> **Source information**:
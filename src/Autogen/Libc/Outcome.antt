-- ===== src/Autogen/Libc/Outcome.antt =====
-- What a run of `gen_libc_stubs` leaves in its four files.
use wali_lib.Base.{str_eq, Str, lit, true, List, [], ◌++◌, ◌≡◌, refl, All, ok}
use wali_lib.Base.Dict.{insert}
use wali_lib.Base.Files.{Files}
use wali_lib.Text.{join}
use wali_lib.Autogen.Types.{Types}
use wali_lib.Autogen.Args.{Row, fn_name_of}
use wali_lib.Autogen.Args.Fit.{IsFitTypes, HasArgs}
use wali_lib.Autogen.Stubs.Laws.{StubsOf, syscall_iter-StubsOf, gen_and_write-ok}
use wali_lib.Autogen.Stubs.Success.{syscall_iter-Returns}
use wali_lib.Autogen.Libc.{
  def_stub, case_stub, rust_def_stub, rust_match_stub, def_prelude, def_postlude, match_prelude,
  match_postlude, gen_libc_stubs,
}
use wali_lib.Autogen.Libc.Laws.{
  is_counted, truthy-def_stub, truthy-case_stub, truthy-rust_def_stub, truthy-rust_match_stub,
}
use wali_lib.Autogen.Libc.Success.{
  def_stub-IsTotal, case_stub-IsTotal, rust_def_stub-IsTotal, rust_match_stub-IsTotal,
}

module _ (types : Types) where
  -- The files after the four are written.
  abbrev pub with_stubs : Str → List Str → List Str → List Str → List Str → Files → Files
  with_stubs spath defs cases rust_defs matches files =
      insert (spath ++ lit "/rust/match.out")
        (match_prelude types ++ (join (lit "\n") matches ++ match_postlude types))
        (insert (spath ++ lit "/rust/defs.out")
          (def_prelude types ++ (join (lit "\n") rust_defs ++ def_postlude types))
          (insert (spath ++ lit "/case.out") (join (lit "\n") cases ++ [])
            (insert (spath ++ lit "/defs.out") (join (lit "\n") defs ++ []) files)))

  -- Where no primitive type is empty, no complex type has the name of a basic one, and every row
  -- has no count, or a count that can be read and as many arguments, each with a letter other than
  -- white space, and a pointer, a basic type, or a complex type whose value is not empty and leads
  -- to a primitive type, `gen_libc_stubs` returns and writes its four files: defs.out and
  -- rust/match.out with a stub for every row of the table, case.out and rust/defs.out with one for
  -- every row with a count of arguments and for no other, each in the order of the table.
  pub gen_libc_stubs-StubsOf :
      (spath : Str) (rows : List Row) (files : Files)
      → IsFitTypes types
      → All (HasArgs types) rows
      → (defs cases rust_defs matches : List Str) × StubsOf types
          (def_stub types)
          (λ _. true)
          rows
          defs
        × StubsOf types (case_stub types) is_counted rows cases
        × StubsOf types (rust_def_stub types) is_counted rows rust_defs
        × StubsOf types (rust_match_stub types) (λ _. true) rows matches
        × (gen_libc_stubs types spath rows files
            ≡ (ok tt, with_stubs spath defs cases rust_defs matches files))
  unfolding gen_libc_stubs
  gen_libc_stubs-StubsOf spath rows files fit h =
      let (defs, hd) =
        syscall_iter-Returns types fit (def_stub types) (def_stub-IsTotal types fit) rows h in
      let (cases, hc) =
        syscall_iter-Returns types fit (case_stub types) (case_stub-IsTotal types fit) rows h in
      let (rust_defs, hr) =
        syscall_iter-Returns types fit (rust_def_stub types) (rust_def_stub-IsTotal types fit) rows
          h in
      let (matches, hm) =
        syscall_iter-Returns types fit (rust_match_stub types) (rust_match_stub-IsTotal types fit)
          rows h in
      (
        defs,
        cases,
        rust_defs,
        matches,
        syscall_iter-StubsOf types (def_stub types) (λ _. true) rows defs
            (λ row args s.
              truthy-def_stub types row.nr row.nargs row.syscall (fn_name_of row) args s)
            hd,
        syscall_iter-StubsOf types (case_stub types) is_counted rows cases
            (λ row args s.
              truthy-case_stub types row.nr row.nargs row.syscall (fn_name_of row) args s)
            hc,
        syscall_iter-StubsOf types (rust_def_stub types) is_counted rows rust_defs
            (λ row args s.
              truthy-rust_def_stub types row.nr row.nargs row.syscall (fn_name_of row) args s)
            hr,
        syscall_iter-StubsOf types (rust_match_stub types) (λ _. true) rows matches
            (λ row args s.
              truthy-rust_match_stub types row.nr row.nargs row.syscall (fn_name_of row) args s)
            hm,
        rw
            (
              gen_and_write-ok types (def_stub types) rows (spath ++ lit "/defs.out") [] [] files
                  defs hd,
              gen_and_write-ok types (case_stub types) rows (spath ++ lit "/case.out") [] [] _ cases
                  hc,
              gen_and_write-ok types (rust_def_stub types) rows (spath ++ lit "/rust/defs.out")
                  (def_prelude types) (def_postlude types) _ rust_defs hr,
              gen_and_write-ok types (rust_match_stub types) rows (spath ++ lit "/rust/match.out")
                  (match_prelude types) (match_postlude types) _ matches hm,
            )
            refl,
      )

---

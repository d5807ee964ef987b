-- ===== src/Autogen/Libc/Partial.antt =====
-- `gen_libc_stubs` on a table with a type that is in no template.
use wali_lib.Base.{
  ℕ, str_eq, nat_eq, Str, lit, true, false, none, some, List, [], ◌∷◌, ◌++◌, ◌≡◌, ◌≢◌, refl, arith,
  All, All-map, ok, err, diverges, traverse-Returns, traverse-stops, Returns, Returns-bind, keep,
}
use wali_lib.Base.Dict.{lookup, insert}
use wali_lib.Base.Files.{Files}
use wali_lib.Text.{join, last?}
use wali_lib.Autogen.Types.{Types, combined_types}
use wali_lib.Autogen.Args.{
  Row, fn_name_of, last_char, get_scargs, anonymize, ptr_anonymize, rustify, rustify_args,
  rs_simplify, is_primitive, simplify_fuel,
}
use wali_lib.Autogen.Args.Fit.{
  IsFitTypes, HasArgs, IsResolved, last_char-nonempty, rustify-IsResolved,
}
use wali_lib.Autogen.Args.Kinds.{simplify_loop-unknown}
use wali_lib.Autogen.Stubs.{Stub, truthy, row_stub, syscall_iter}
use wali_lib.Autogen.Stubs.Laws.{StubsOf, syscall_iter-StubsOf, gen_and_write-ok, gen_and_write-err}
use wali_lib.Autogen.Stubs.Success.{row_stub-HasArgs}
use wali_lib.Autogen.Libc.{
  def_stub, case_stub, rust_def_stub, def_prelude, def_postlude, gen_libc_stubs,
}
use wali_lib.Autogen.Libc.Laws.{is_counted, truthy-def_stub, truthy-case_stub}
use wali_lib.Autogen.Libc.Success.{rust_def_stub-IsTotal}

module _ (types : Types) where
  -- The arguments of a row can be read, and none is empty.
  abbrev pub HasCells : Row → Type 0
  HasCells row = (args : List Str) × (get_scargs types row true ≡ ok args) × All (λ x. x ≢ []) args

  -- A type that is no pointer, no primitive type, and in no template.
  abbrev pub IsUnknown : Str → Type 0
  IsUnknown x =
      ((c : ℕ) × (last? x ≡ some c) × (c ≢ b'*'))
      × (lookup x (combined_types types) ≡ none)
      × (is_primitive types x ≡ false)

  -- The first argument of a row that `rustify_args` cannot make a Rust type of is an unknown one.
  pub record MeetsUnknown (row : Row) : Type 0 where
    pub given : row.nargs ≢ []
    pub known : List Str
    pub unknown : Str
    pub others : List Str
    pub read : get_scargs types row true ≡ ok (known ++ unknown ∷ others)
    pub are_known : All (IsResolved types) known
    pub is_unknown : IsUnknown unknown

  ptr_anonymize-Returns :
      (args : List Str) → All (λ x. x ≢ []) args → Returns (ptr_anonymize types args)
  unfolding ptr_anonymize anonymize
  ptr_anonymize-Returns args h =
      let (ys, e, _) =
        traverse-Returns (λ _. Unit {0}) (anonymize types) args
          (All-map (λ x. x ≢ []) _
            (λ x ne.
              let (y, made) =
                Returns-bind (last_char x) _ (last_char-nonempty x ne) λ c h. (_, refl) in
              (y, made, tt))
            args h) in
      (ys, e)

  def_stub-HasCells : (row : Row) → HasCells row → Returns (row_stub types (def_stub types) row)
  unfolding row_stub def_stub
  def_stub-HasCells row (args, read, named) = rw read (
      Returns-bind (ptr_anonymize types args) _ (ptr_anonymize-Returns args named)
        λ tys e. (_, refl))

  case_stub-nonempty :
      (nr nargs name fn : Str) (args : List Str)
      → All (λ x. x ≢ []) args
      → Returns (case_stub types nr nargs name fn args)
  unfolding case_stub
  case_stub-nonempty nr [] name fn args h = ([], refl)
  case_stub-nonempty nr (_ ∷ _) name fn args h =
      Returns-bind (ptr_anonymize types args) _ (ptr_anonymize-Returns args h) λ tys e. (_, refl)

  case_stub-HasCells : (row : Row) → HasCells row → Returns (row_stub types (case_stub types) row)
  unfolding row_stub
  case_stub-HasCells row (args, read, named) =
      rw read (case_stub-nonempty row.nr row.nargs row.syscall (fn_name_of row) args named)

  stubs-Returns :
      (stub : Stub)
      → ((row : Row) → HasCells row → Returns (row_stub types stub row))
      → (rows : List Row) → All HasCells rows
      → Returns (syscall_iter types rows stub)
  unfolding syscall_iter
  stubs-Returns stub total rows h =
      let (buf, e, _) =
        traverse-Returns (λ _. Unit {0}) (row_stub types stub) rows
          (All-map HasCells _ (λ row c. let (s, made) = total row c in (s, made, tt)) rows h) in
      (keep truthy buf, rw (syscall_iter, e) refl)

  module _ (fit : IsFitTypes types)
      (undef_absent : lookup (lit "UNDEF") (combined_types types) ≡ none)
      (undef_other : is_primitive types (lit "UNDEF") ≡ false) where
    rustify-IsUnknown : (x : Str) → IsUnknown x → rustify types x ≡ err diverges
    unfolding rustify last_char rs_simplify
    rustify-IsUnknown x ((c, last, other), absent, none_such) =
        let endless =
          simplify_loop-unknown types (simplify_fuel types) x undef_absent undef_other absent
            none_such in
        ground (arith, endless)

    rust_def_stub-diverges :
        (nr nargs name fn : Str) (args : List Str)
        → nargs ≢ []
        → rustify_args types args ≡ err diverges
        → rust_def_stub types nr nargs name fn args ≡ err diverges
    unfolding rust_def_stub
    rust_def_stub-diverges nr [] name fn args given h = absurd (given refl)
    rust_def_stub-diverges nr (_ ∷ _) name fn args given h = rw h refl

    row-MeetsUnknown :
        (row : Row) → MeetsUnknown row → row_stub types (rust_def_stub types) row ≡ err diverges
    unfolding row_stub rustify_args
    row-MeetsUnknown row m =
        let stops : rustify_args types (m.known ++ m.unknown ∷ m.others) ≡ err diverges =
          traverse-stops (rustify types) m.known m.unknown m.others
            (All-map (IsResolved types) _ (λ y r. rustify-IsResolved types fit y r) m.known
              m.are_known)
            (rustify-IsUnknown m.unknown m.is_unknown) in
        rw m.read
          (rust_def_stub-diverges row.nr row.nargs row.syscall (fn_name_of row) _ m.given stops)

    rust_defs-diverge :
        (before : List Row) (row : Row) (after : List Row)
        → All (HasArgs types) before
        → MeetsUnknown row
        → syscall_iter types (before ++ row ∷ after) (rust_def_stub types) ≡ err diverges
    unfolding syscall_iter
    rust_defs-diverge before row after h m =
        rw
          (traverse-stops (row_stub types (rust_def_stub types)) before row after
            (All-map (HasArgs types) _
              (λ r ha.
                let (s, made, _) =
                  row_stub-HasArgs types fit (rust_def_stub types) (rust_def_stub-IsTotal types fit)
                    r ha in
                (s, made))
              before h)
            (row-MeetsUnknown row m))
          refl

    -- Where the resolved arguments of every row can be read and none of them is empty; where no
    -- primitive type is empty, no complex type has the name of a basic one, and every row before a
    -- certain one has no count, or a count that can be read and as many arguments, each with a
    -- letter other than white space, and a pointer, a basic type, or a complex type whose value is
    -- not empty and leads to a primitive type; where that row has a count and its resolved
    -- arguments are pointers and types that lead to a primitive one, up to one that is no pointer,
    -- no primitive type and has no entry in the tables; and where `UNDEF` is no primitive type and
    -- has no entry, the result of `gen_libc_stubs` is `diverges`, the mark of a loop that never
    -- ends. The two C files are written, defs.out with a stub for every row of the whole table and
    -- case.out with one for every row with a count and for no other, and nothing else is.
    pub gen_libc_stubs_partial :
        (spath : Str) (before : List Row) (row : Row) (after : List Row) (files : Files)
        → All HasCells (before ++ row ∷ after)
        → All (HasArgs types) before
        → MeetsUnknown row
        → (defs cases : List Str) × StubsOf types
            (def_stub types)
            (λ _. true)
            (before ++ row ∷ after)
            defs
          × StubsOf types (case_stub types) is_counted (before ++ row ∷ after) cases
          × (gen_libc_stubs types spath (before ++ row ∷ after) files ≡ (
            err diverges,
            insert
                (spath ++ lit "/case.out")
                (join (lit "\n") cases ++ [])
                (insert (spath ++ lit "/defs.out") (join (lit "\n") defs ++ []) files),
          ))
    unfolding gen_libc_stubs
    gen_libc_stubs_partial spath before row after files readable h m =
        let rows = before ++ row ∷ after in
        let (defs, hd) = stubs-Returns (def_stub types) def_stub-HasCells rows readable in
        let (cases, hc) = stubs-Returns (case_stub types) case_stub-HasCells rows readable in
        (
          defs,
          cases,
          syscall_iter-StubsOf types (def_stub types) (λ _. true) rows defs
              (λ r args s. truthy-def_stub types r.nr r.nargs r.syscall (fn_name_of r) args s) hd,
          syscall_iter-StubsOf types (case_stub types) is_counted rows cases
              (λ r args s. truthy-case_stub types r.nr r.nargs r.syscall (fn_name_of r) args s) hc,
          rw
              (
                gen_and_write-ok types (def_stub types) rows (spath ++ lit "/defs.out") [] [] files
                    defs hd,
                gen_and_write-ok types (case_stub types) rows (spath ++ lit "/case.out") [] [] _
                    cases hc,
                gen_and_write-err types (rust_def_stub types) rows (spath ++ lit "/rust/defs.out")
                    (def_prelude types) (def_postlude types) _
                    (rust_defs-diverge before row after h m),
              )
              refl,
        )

> **Work instructions**: Check each line of the entries above for the string "keep", and return those that contain it.

> **Output for this exercise**:
  All, All-map, ok, err, diverges, traverse-Returns, traverse-stops, Returns, Returns-bind, keep,
      (keep truthy buf, rw (syscall_iter, e) refl)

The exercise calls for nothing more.